Thank you fig! I'm in contact with PedalPCB right now, hoping to get a schematic so I can use the audio probe to narrow down what's wrong with the fuzz stain. But I will definitely come back to the troubleshooting section.


----------



## HamishR (Aug 14, 2021)

Freiburg im Schwarzwald? I visited there a long time ago and it was so beautiful. If it's a different Freiburg then it's probably awful.


----------



## erwinsoundsystem (Aug 14, 2021)

Hi Hamish,
it is exactly this Freiburg im Breisgau. The nature is very beautiful, highly recommended as a vacation destination.
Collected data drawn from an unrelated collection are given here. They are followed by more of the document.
-- ===== src/Api/Tests/Initiate.antt =====
-- The theorems on the initiation of an upload, at a small database.
use nextballup.Prelude.{
  ◌+◌, ◌*◌, ◌≤◌, ◌<◌, ◌≡◌, refl, true, false, none, some, [], ◌∷◌, arith, All, length, find_where,
  filter_where, any_where,
}
use mathlib.Core.Option
use nextballup.Prelude.Int.{◌+ℤ◌}
use nextballup.Core.Text.{codes, decimal, has_dots, text_eq, strip, lower}
use nextballup.Core.Enums.{TeamLevel, InstitutionType, VideoStatus}
use nextballup.Db.{Db, Team, Video}
use nextballup.Api.RateLimit.{enforce_rate_limit}
use nextballup.Api.Permissions.{require_verified_account, require_team_coach}
use nextballup.Api.Billing.{
  TeamPlanContext, resolve_team_plan, upload_quota_of, storage_quota_of, within_limit,
  get_or_create_account_for_team, metered_subscription, check_video_upload_quota,
  check_video_storage_quota, videos_used_this_period, storage_bytes_reserved,
}
use nextballup.Api.Storage.{
  UploadMethod, PresignedUpload, S3Client, presign_upload, presign_multipart, sign_parts,
  sanitize_filename_component, is_filename_char,
}
use nextballup.Api.Storage.Keys.{sanitize_filename_component-Safe}
use nextballup.Api.Storage.Parts.{Numbered, exact_ceil, presign_upload_covers}
use nextballup.Api.Initiate.{
  CreateUploadRequest, initiate_upload, presign_video, validate_upload, filename_is_safe, text_in,
  filename_extension_allowed, after_admission,
}
use nextballup.Api.Initiate.Admit.{UploadSettings, UploadAnswers, admit_upload}
use nextballup.Api.Initiate.Within.{initiate_upload_within}
use nextballup.Api.Tests.{coach, coaching, billed}

abbrev upload_settings : UploadSettings
upload_settings = record {
  limits = record {
    allowed_video_content_types = codes "video/mp4" ∷ [];
    upload_content_type_extensions = (codes "video/mp4", codes ".mp4" ∷ []) ∷ [];
    min_upload_size_bytes = 1;
    max_upload_size_bytes = 5000;
  };
  storage = record {
    upload_multipart_threshold_bytes = 1000;
    upload_multipart_part_size_bytes = 100;
    upload_presigned_put_checksum_header = true;
  };
  verified_only = true;
  sensitive_consent = true;
  video_upload_rate_limit_attempts = 5;
  billing_default_plan_code = codes "free";
  upload_url_expires_seconds = 60;
}

abbrev request : CreateUploadRequest
request = record {
  game_id = 4;
  filename = codes "a.mp4";
  file_size_bytes = 900;
  content_type = codes "video/mp4";
  checksum_sha256 = none;
  privacy_consent_id = none;
}

abbrev client : S3Client
client = record {
  sign_put = λ key. some key;
  sign_part = λ key upload_id i. some (i ∷ key);
  create_multipart_upload = λ key. some (some (codes "up"));
}

abbrev outside : UploadAnswers
outside = record {
  limiter = record { redis_url = false; fail_closed = false; count = none };
  storage = some client;
  base64 = λ t. t;
  ceil_quotient = exact_ceil;
  uuid_text = decimal;
  video_id = 9;
  account_id = 50;
}

abbrev club : Team
club = record {
  id = 1;
  name = codes "c";
  level = TeamLevel.professional;
  institution_type = InstitutionType.club;
  invite_code = codes "i";
  is_active = true;
  deleted_at = none;
}

abbrev playing : Db
playing = record billed {
  memberships = coaching ∷ [];
  teams = club ∷ [];
  games =
      record { id = 4; team_id = 1; shot_clock_enabled = false; shot_clock_seconds = none } ∷ [];
}

abbrev uploaded : Db
uploaded = (initiate_upload upload_settings coach request outside playing).1

initiate_upload_within_example :
    (v : Video) × (ctx : TeamPlanContext) × (uploaded.videos ≡ (v ∷ playing.videos))
    × (v.status ≡ VideoStatus.pending_upload)
    × (resolve_team_plan v.team_id uploaded ≡ some ctx)
    × (within_limit
          (upload_quota_of ctx.account_id uploaded).used
          (upload_quota_of ctx.account_id uploaded).limit
        ≡ true)
    × ((storage_quota_of ctx.account_id 0 uploaded).allowed ≡ true)
unfolding initiate_upload admit_upload after_admission validate_upload filename_is_safe text_in
    any_where text_eq strip lower filename_extension_allowed find_where filter_where
    require_verified_account require_team_coach enforce_rate_limit check_video_upload_quota
    get_or_create_account_for_team upload_quota_of metered_subscription Option.bind
    videos_used_this_period check_video_storage_quota storage_quota_of storage_bytes_reserved ◌+ℤ◌
    presign_video presign_upload
initiate_upload_within_example =
    initiate_upload_within upload_settings coach request outside playing (refl, tt) refl

-- A file of 250 bytes in parts of 100.
abbrev in_parts : PresignedUpload
in_parts = record {
  method = UploadMethod.multipart;
  url = none;
  headers = [];
  upload_id = some (codes "up");
  parts =
      record { part_number = 1; url = 1 ∷ codes "k" }
      ∷ record { part_number = 2; url = 2 ∷ codes "k" }
      ∷ record { part_number = 3; url = 3 ∷ codes "k" }
      ∷ [];
  part_size_bytes = some 100;
}

presign_upload_covers_example :
    Numbered 1 in_parts.parts
    × (250 ≤ length in_parts.parts * 100)
    × (length in_parts.parts * 100 < 250 + 100)
unfolding presign_upload presign_multipart sign_parts
presign_upload_covers_example =
    presign_upload_covers
      (record {
        upload_multipart_threshold_bytes = 100;
        upload_multipart_part_size_bytes = 100;
        upload_presigned_put_checksum_header = true;
      })
      client (λ t. t) exact_ceil (codes "k") (codes "video/mp4") 250 none {upload = in_parts}
      (λ a b _ _. refl) (omega arith) (omega arith) (omega arith) (omega arith) refl

sanitize_filename_component-Safe_example :
    let name = sanitize_filename_component (codes "../a b.mp4") in
    (0 < length name)
    × (length name ≤ 200)
    × All (λ c. is_filename_char c ≡ true) name
    × (has_dots name ≡ false)
sanitize_filename_component-Safe_example = sanitize_filename_component-Safe (codes "../a b.mp4")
Culturally, unfortunately, for my interests is not so much going on here.


----------



## erwinsoundsystem (Aug 15, 2021)

With the quick help of PedalPCB, I was able to include the Fuzz Stain as part of the litter.


----------



## Coda (Aug 15, 2021)

erwinsoundsystem said:


> With the quick help of PedalPCB, I was able to include the Fuzz Stain as part of the litter.
> View attachment 14868


Transistors weren’t oriented correctly?…


----------



## erwinsoundsystem (Aug 15, 2021)

The PCB was an old version apparently, I had to bridge two points with an additional resistor.


----------



## Coda (Aug 15, 2021)

erwinsoundsystem said:


> The PCB was an old version apparently, I had to bridge two points with an additional resistor.
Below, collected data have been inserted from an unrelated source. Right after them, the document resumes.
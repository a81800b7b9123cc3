-- ===== src/Api/Tests/Secrets.antt =====
-- The theorems on the second factor, the reset links and the refresh tokens, at small databases.
use nextballup.Prelude.{
  ◌+◌, ◌<◌, ◌≡◌, refl, true, false, none, some, [], ◌∷◌, arith, leb, find_where, update_where, ◌&&◌,
  any_where,
}
use nextballup.Core.Text.{codes, text_eq, lower}
use nextballup.Db.{Db, UserTotpSecret, PasswordResetToken}
use nextballup.Worker.Tests.{store}
use nextballup.Api.Tests.{coach}
use nextballup.Api.Mfa.{Authenticator, enrolled, check_totp, require_mfa_for_login_if_enabled}
use nextballup.Api.Mfa.Once.{require_mfa_once}
use nextballup.Api.PasswordReset.{
  Consumption, Rejection, consume_password_reset_token, issue_password_reset_token,
}
use nextballup.Api.PasswordReset.Once.{consume_password_reset_token_once}
use nextballup.Api.PasswordReset.Supersede.{issue_password_reset_token_supersedes}
use nextballup.Api.PasswordReset.Request.{
  ResetMail, request_password_reset, request_for, send_reset,
}
use nextballup.Api.PasswordReset.Undelivered.{request_password_reset_undelivered}
use nextballup.Api.PasswordReset.Confirm.{reset_password}
use nextballup.Api.PasswordReset.SignedOut.{Closed, reset_password_signs_out}
use nextballup.Api.RateLimit.{RateLimiter, enforce_rate_limit}
use nextballup.Api.Result.{err}
use nextballup.Api.Sessions.{
  TokenReader, NextToken, unauthenticated, refresh, user_from_refresh_token, session_of_user,
  check_session, is_session_of, settle_refresh, rotate,
}
use nextballup.Api.Sessions.Replay.{refresh_replay}

-- The code of a counter is its number in two digits of 0 and 1.
abbrev authenticator : Authenticator
authenticator = record {
  step_seconds = 30;
  digits = 1;
  hotp = λ _ counter. (48 + counter) ∷ [];
  hash_recovery_code = λ t. t;
  is_digit = λ c. leb 48 c && leb c 57;
}

abbrev secret : UserTotpSecret
secret = record {
  id = 1;
  user_id = 7;
  secret_ciphertext = codes "x";
  confirmed_at = some 10;
  disabled_at = none;
  last_used_at = none;
}

abbrev secured : Db
secured = record store { totp_secrets = secret ∷ [] }

abbrev stamped : UserTotpSecret
stamped = record secret { last_used_at = some 90 }

-- The clock of the database is 100, in step 3; step 5 begins at 150.
require_mfa_once_example : (3 < 5) × (codes "5" ≡ codes "5")
unfolding require_mfa_for_login_if_enabled check_totp find_where enrolled update_where
require_mfa_once_example =
    require_mfa_once authenticator coach (codes "3") secured secret (omega arith) refl refl refl
      (codes "5") 150 stamped refl refl

abbrev link : PasswordResetToken
link = record { id = 1; user_id = 7; token_hash = codes "a"; expires_at = 900; used_at = none }

abbrev linked : Db
linked = record store { users = coach ∷ []; password_reset_tokens = link ∷ [] }

abbrev redeemed : Db
redeemed = (consume_password_reset_token (λ t. t) (codes "a") linked).1

consume_password_reset_token_once_example :
    consume_password_reset_token (λ t. t) (codes "a") (record redeemed { now = 200 })
    ≡ (Consumption.rejected Rejection.used, record redeemed { now = 200 })
unfolding consume_password_reset_token find_where
consume_password_reset_token_once_example =
    consume_password_reset_token_once (λ t. t) (codes "a") linked {user = coach} {token = link} refl
      200

abbrev reissued : Db
reissued = record linked {
  password_reset_tokens =
      record { id = 2; user_id = 7; token_hash = codes "b"; expires_at = 3700; used_at = none }
      ∷ record link { used_at = some 100 }
      ∷ [];
}

issue_password_reset_token_supersedes_example : codes "b" ≡ codes "b"
unfolding issue_password_reset_token consume_password_reset_token find_where update_where
issue_password_reset_token_supersedes_example =
    issue_password_reset_token_supersedes (λ t. t) 60 7 (codes "b") 2 linked {after = reissued} refl
      (codes "b") 200 {user = coach}
      {token = record {
        id = 2;
        user_id = 7;
        token_hash = codes "b";
        expires_at = 3700;
        used_at = none;
      }}
      refl refl

-- A token reads as a claim of the coach, with its own text as its id.
abbrev reader : TokenReader
reader = record {
  decode_token = λ now token. some (record { sub = 7; jti = token; sv = 0 });
  hash_refresh_jti = λ t. t;
}

abbrev signed_in : Db
signed_in = record store {
  users = coach ∷ [];
  refresh_sessions =
      record {
        id = 1;
        user_id = 7;
        jti_hash = codes "a";
        expires_at = 900;
        revoked_at = none;
        revoked_reason = none;
        replaced_by_session_id = none;
      }
      ∷ [];
}

abbrev second : NextToken
second = record { id = 2; jti = codes "b"; expires_at = 1000 }

abbrev third : NextToken
third = record { id = 3; jti = codes "c"; expires_at = 1100 }

abbrev rotated : Db
rotated = (refresh reader second (some (codes "a")) signed_in).1

refresh_replay_example :
    ((refresh reader third (some (codes "a")) (record rotated { now = 200 })).0
      ≡ err unauthenticated)
    × ((refresh reader third
          (some (codes "b"))
          (record (refresh reader third (some (codes "a")) (record rotated { now = 200 })).1 {
            now = 300;
          })).0
        ≡ err unauthenticated)
unfolding refresh user_from_refresh_token session_of_user check_session is_session_of settle_refresh
    rotate find_where any_where text_eq
refresh_replay_example =
    refresh_replay reader second (codes "a") signed_in
      {c = record { sub = 7; jti = codes "b"; sv = 0 }} refl third third 200 300 (codes "b") refl
      refl

abbrev limiter : RateLimiter
limiter = record { redis_url = true; fail_closed = true; count = some 1 }

abbrev resetting : Db
resetting = record signed_in { password_reset_tokens = link ∷ [] }

abbrev was_reset : Db
was_reset = (reset_password limiter 5 (λ t. t) (λ t. t) (codes "a") (codes "new") resetting).1

reset_password_signs_out_example :
    Closed coach (codes "new") was_reset
    × ((refresh reader second (some (codes "a")) (record was_reset { now = 300 })).0
        ≡ err unauthenticated)
unfolding reset_password enforce_rate_limit consume_password_reset_token find_where text_eq
reset_password_signs_out_example =
    reset_password_signs_out limiter 5 (λ t. t) (λ t. t) (codes "a") (codes "new") resetting link
      coach refl refl refl reader second (codes "a") 300 refl refl (omega arith)

abbrev lost_mail : ResetMail
lost_mail = record {
  hash_token = λ t. t;
  ttl_minutes = 60;
  provider = codes "smtp";
  raw_token = codes "b";
  token_id = 2;
  delivered = false;
}

abbrev requested : Db
requested = (request_password_reset limiter 5 lost_mail (codes "C@x") linked).1

request_password_reset_undelivered_example :
    (r : Rejection) × (consume_password_reset_token
        (λ t. t)
        (codes "b")
        (record requested { now = 300 })
      ≡ (Consumption.rejected r, record requested { now = 300 }))
unfolding request_password_reset enforce_rate_limit issue_password_reset_token find_where text_eq
    lower request_for send_reset
request_password_reset_undelivered_example =
    request_password_reset_undelivered limiter 5 lost_mail (codes "C@x") linked coach refl refl refl
      300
When I build that pedal I had to do transistor gymnastics to match the pin out, that’s why I asked…


----------



## erwinsoundsystem (Aug 15, 2021)

Ah ok, I got the 2N5172 in my kit (I order from Musikding in Germany) so I didn' have to worry about that. But I somehow managed to damage the trace from the input of the PCB to the fuzz pot. Luckily that was easy to bridge.


----------



## Coda (Aug 15, 2021)

erwinsoundsystem said:


> Ah ok, I got the 2N5172 in my kit (I order from Musikding in Germany) so I didn' have to worry about that. But I somehow managed to damage the trace from the input of the PCB to the fuzz pot. Luckily that was easy to bridge.
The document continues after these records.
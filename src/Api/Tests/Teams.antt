-- ===== src/Api/Tests/Teams.antt =====
-- The theorems on teams and invites, at a small database.
use mathlib.Core.Option
use nextballup.Prelude.{
  ◌≡◌, refl, true, false, none, some, [], ◌∷◌, arith, ◌==◌, find_where, update_where,
}
use nextballup.Core.Text.{codes, text_eq}
use nextballup.Core.Enums.{UserRole, TeamRole, TeamLevel, InstitutionType}
use nextballup.Db.{Db, User, Team, TeamInvite}
use nextballup.Worker.Tests.{store}
use nextballup.Api.RateLimit.{RateLimiter}
use nextballup.Api.Tests.{coach, coaching}
use nextballup.Api.Teams.{delete_team}
use nextballup.Api.Teams.Join.{join_team, normalize_invite_code, team_of_code}
use nextballup.Api.Teams.Members.{
  TeamsOk, MembersApart, Rightful, join_team-TeamsOk, join_team-Rightful,
}
use nextballup.Api.Teams.Closed.{delete_team_closes}

abbrev hawks : Team
hawks = record {
  id = 1;
  name = codes "Hawks";
  level = TeamLevel.high_school;
  institution_type = InstitutionType.k12_school;
  invite_code = codes "HAWKS23456";
  is_active = true;
  deleted_at = none;
}

abbrev owls : Team
owls = record hawks { id = 2; name = codes "Owls"; invite_code = codes "PWLS234567" }

-- An invite of the Owls with one use left.
abbrev invite : TeamInvite
invite = record {
  id = 3;
  team_id = 2;
  invite_code = codes "STAFF23456";
  role = TeamRole.assistant_coach;
  max_uses = 2;
  uses = 1;
  expires_at = 500;
  created_by = 7;
  is_active = true;
}

abbrev league : Db
league = record store {
  teams = hawks ∷ owls ∷ [];
  memberships = coaching ∷ [];
  invites = invite ∷ [];
}

abbrev newcomer : User
newcomer = record coach { id = 8; role = UserRole.coach }

abbrev limiter : RateLimiter
limiter = record { redis_url = true; fail_closed = true; count = some 1 }

league-TeamsOk : TeamsOk league
unfolding MembersApart
league-TeamsOk = record { apart = (tt, tt); within = (ground arith, tt) }

join_team-TeamsOk_example :
    TeamsOk (join_team limiter 5 true newcomer (codes " staff23456 ") none 50 (λ d. d) league).1
unfolding team_of_code find_where text_eq normalize_invite_code
join_team-TeamsOk_example =
    join_team-TeamsOk limiter 5 true newcomer (codes " staff23456 ") none 50 (λ d. d) league
      league-TeamsOk league-TeamsOk (λ i e. ((λ _. Option.some-injective invite i e), tt))

join_team-Rightful_example :
    Rightful newcomer (normalize_invite_code (codes " staff23456 ")) league (record {
      team_id = 2;
      user_id = 8;
      team_role = TeamRole.assistant_coach;
      jersey_number = none;
      is_active = true;
    })
unfolding join_team team_of_code find_where text_eq
join_team-Rightful_example =
    join_team-Rightful limiter 5 true newcomer (codes " staff23456 ") none 50 (λ d. d) league refl

delete_team_closes_example : (2 == 1) ≡ false
unfolding delete_team find_where update_where join_team text_eq
delete_team_closes_example =
    delete_team_closes true coach 1 league (refl, (refl, tt)) refl limiter 5 true newcomer
      (codes "STAFF23456") none 50 (λ d. d)
      {m = record {
        team_id = 2;
        user_id = 8;
        team_role = TeamRole.assistant_coach;
        jersey_number = none;
        is_active = true;
      }}
      refl
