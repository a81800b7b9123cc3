-- ===== src/Api/Uploads/Accepted.antt =====
-- videos.py, `complete_upload`: the state that an accepted completion leaves.
use nextballup.Prelude.{
  ℕ, ◌≡◌, refl, ap, sym, Bool, ◌&&◌, Option, ◌==◌, ==_refl, inl, inr, find_where,
  find_where-update_where, find_where_self, find_where-append_none,
}
use nextballup.Core.Text.{Text}
use nextballup.Core.Enums.{ProcessingJobStage, VideoStatus, stage_eq}
use nextballup.Core.Errors.{AppError}
use nextballup.Db.{Db, User, Video, write_audit}
use nextballup.Worker.CvStages.{WorkerSettings, pending_job, add_job}
use nextballup.Api.Result.{ok, err, bind_ok, Result-cases, ◌>>=◌, ◌>>◌}
use nextballup.Api.Permissions.{
  require_verified_account, require_team_coach, require_team_member, get_team_membership,
}
use nextballup.Api.Billing.{resolve_team_plan}
use nextballup.Api.Videos.{video_or_404, job_of_stage, save_video, or_raise-eq-err, or_raise-eq-ok}
use nextballup.Api.Uploads.{
  UploadReply, queued_values, raw_retention_expires_at, plan_days, completion_audits, accept_upload,
  video_of_coach,
}

-- The state that an accepted upload leaves.
pub accepted_state : WorkerSettings → User → Video → Option Text → ℕ → Db → Db
accepted_state settings user video expected new_id db =
    let job = pending_job new_id video.id video.team_id ProcessingJobStage.transcode db.now in
    completion_audits user video job expected (
      add_job job (
        save_video video.id
          (queued_values expected (
            raw_retention_expires_at settings (plan_days (resolve_team_plan video.team_id db))
              db.now))
          db))

pub job_of_stage-accepted :
    (settings : WorkerSettings) (user : User) (video : Video) (expected : Option Text) (new_id : ℕ)
    (db : Db) {e : AppError}
    → job_of_stage video ProcessingJobStage.transcode db ≡ err e
    → job_of_stage video ProcessingJobStage.transcode
        (accepted_state settings user video expected new_id db)
      ≡ ok (pending_job new_id video.id video.team_id ProcessingJobStage.transcode db.now)
unfolding job_of_stage accepted_state completion_audits add_job save_video write_audit find_where
    pending_job
job_of_stage-accepted settings user video expected new_id db e =
    rw
      (
        find_where-append_none
            (λ j. j.video_id == video.id && stage_eq j.stage ProcessingJobStage.transcode) db.jobs _
            (or_raise-eq-err _ _ _ e),
        ==_refl video.id,
      )
      refl

require_team_coach-memberships :
    (user : User) (team_id : ℕ) (db db' : Db)
    → db'.memberships ≡ db.memberships
    → require_team_coach user team_id db' ≡ require_team_coach user team_id db
unfolding require_team_coach require_team_member get_team_membership
require_team_coach-memberships user team_id db db' same = rw same refl

-- The video's row after the completion.
unfoldable pub queued_video : WorkerSettings → Video → Option Text → Db → Video
unfolding queued_values raw_retention_expires_at
queued_video settings video expected db =
    queued_values expected
      (raw_retention_expires_at settings (plan_days (resolve_team_plan video.team_id db)) db.now)
      video

video_or_404-accepted :
    (settings : WorkerSettings) (user : User) (vid : ℕ) (video : Video) (expected : Option Text)
    (new_id : ℕ) (db : Db)
    → video_or_404 vid db ≡ ok video
    → video_or_404 vid (accepted_state settings user video expected new_id db)
      ≡ ok (queued_video settings video expected db)
unfolding video_or_404 accepted_state completion_audits add_job save_video write_audit queued_video
    queued_values
video_or_404-accepted settings user vid video expected new_id db e =
    let found = or_raise-eq-ok _ _ _ e in
    let key = find_where_self (λ v. v.id == vid) db.videos found in
    rw
      (
        find_where-update_where (λ v. v.id == vid) (λ v. v.id == video.id)
            (queued_values expected (
              raw_retention_expires_at settings (plan_days (resolve_team_plan video.team_id db))
                db.now))
            (λ v. refl) db.videos,
        found,
      )
      (rw (==_refl video.id) refl)

module _ (vo : Bool) (settings : WorkerSettings) (user : User) (vid : ℕ) (video : Video)
    (expected : Option Text) (new_id : ℕ) (db : Db) where
  require_team_coach-accepted :
      (team_id : ℕ)
      → require_team_coach user team_id (accepted_state settings user video expected new_id db)
        ≡ require_team_coach user team_id db
  unfolding accepted_state completion_audits add_job save_video write_audit
  require_team_coach-accepted team_id = require_team_coach-memberships user team_id db _ refl

  pub video_of_coach-accepted :
      video_of_coach vo user vid db ≡ ok video
      → video_of_coach vo user vid (accepted_state settings user video expected new_id db)
        ≡ ok (queued_video settings video expected db)
  unfolding video_of_coach queued_video queued_values
  video_of_coach-accepted e =
      let b1 =
        bind_ok (require_verified_account vo user >> video_or_404 vid db)
          (λ v. require_team_coach user v.team_id db >>= λ _. ok v) e in
      let b2 = bind_ok (require_verified_account vo user) (λ _. video_or_404 vid db) b1.1.0 in
      let b3 = bind_ok (require_team_coach user b1.0.team_id db) (λ _. ok b1.0) b1.1.1 in
      let same : b1.0 ≡ video = cc (b3.1.1) in
      let found : video_or_404 vid db ≡ ok video = rw (← same) b2.1.1 in
      let coach : require_team_coach user video.team_id db ≡ ok b3.0 = rw (← same) b3.1.0 in
      rw (b2.1.0, video_or_404-accepted settings user vid video expected new_id db found)
        (rw (require_team_coach-accepted video.team_id, coach) refl)

-- What an accepted upload returns and leaves.
pub accept_upload_lem :
    (settings : WorkerSettings) (user : User) (video : Video) (expected : Option Text) (new_id : ℕ)
    (db : Db) {r : UploadReply} {after : Db}
    → accept_upload settings user video expected new_id db ≡ (ok r, after)
    → (e : AppError) × ((job_of_stage video ProcessingJobStage.transcode db ≡ err e)
        × ((r ≡ record { video_id = video.id; status = VideoStatus.queued; job_id = new_id })
            × (after ≡ accepted_state settings user video expected new_id db)))
unfolding accept_upload accepted_state
accept_upload_lem settings user video expected new_id db h =
    elim (Result-cases (job_of_stage video ProcessingJobStage.transcode db)) [
      | inl (j, f) ↦ absurd (cc (rw (f, accept_upload) at h))
      | inr (x, f) ↦
          let g = rw (f, accept_upload) at h in
          (x, (f, (cc (ap (λ p. p.0) g), sym (ap (λ p. p.1) g))))
    ]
Glad you got it working. It’s a great fuzz.


----------



## erwinsoundsystem (Aug 15, 2021)

Thanks! Yeah I already love it. I hope some of these fuzz pedals will work in the band.


----------



## erwinsoundsystem (Aug 16, 2021)

My wife will be back tomorrow, the soldering utensils are stowed away in the basement again. But in the 8 days I have finished all open projects - at least as far as the guitar pedals are concerned.
From top left to bottom right:

Fuzz Stain
Uberfuzz
Master Phaser (Guitar Mania)
Master Fuzz
Sunflower Fuzz
Luna Optical Tremolo (Aion)
Fuzz Factory (UK Electronics)
and a Loop Selector

Did I overdo it with the cat theme? Maybe. Will I do it again? Maybe.


----------



## Bret608 (Aug 18, 2021)

I like the cat theme! I've often though of putting the Maneki-Neko on a Japanese fuzz circuit like the Super Fuzz of Fuzz Master.


----------



## erwinsoundsystem (Aug 19, 2021)

Thank you Bret! I like the Maneki-Neko a lot and have found a lot of stickers and stamps by now that I have put on different devices. That's a Fuzzz Face and an Elektrosluch (electromagnetic listening device):


----------



## Feral Feline (Aug 19, 2021)

The elektrosluch is super cool, been meaning to make one; thanks for putting it back on my radar.


----------



## NickC (Aug 19, 2021)

Master phaser sounds good?


----------



## Diynot (Aug 19, 2021)

Sweet builds! Dig the cats. I can vouch for the master phaser since I too just finished one. It is a juicy phaser indeed.


----------



## erwinsoundsystem (Aug 20, 2021)

Thanks a lot guys! I'm with Diynot: the Master Phaser has a wonderful sound. I built one for a friend last year and liked it so much that I built one for myself too.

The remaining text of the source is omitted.